• [The task]: What lines in the entries below contain the word "then"? Copy all of them.

• [Raw data]:

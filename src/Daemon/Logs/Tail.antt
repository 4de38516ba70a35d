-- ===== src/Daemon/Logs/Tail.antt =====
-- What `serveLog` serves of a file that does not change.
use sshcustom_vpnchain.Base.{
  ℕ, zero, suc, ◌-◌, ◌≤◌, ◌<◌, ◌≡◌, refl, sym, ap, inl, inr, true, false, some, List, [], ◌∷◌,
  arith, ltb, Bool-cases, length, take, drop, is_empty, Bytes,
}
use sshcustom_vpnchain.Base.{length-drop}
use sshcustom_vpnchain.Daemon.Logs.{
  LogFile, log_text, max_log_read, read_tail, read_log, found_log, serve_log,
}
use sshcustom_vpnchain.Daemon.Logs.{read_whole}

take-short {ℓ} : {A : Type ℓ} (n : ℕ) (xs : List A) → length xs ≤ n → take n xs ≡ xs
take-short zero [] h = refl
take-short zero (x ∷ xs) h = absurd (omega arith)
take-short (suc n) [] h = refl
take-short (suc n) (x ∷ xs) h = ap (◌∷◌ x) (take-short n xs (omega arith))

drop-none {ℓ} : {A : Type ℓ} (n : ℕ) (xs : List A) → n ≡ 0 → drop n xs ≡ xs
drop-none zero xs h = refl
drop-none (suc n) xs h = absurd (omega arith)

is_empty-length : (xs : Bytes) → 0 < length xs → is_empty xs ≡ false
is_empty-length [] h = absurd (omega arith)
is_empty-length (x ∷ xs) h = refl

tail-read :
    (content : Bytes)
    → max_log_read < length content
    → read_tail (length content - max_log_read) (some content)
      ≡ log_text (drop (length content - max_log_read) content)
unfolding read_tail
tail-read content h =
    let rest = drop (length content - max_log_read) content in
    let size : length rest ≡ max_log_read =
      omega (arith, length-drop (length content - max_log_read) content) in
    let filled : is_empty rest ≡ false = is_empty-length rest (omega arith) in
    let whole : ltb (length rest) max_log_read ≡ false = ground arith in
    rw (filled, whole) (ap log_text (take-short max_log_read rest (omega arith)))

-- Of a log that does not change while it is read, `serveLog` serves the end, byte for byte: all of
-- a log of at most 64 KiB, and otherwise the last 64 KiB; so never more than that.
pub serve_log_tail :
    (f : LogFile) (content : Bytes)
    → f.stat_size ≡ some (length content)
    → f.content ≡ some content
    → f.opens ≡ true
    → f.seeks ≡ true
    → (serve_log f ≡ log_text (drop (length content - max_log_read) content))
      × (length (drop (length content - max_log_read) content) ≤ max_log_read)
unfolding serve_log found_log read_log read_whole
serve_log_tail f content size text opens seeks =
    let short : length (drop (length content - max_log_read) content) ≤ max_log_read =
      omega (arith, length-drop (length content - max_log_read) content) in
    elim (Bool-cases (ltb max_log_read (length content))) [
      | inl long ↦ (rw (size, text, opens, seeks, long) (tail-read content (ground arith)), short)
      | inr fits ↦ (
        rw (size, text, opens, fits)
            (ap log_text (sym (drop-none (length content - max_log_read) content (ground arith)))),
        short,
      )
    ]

...

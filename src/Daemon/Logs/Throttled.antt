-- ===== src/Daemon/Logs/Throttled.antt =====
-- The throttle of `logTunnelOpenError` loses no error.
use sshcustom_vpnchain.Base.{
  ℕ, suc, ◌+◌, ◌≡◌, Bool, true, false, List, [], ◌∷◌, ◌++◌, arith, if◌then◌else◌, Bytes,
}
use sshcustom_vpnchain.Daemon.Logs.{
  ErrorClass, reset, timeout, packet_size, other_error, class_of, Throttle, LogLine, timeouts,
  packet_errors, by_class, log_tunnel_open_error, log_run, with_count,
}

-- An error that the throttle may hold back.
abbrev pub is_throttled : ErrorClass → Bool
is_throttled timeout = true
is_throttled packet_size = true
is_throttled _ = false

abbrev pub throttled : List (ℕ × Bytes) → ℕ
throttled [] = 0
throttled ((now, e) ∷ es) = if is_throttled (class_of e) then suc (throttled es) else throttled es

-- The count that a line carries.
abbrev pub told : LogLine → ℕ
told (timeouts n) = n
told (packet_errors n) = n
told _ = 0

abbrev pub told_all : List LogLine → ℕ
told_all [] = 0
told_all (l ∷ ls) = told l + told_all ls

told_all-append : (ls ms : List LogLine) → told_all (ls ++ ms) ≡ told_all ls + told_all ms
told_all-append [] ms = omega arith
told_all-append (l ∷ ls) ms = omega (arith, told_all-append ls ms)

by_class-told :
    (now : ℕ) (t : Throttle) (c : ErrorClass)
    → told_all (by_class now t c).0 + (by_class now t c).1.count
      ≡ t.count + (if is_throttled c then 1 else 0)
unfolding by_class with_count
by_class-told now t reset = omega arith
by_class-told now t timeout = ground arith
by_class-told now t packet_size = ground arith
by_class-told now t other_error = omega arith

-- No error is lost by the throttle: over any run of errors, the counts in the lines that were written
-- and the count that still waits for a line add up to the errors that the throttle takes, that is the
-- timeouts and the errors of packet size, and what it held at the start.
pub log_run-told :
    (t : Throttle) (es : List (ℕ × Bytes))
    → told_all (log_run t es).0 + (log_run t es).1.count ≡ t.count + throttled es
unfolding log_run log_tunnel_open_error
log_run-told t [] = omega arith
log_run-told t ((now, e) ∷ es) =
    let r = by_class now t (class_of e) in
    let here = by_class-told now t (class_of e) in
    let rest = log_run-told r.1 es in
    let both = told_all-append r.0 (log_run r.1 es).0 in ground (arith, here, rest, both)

• [Response for this exercise]:
  ℕ, suc, ◌+◌, ◌≡◌, Bool, true, false, List, [], ◌∷◌, ◌++◌, arith, if◌then◌else◌, Bytes,
throttled ((now, e) ∷ es) = if is_throttled (class_of e) then suc (throttled es) else throttled es
      ≡ t.count + (if is_throttled c then 1 else 0)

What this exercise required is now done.